For each record here, output an exact copy.

══════

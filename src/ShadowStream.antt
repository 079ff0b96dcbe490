-- ===== src/ShadowStream.antt =====
-- Package shadowstream: streams and packets under a stream cipher with no authentication.
pub mod Cipher
pub mod Stream
pub mod Conn
pub mod Packet
pub mod Runs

══════

• ANSWER
filename src/ShadowStream.antt
repository 079ff0b96dcbe490
-- ===== src/ShadowStream.antt =====
-- Package shadowstream: streams and packets under a stream cipher with no authentication.
pub mod Cipher
pub mod Stream
pub mod Conn
pub mod Packet
pub mod Runs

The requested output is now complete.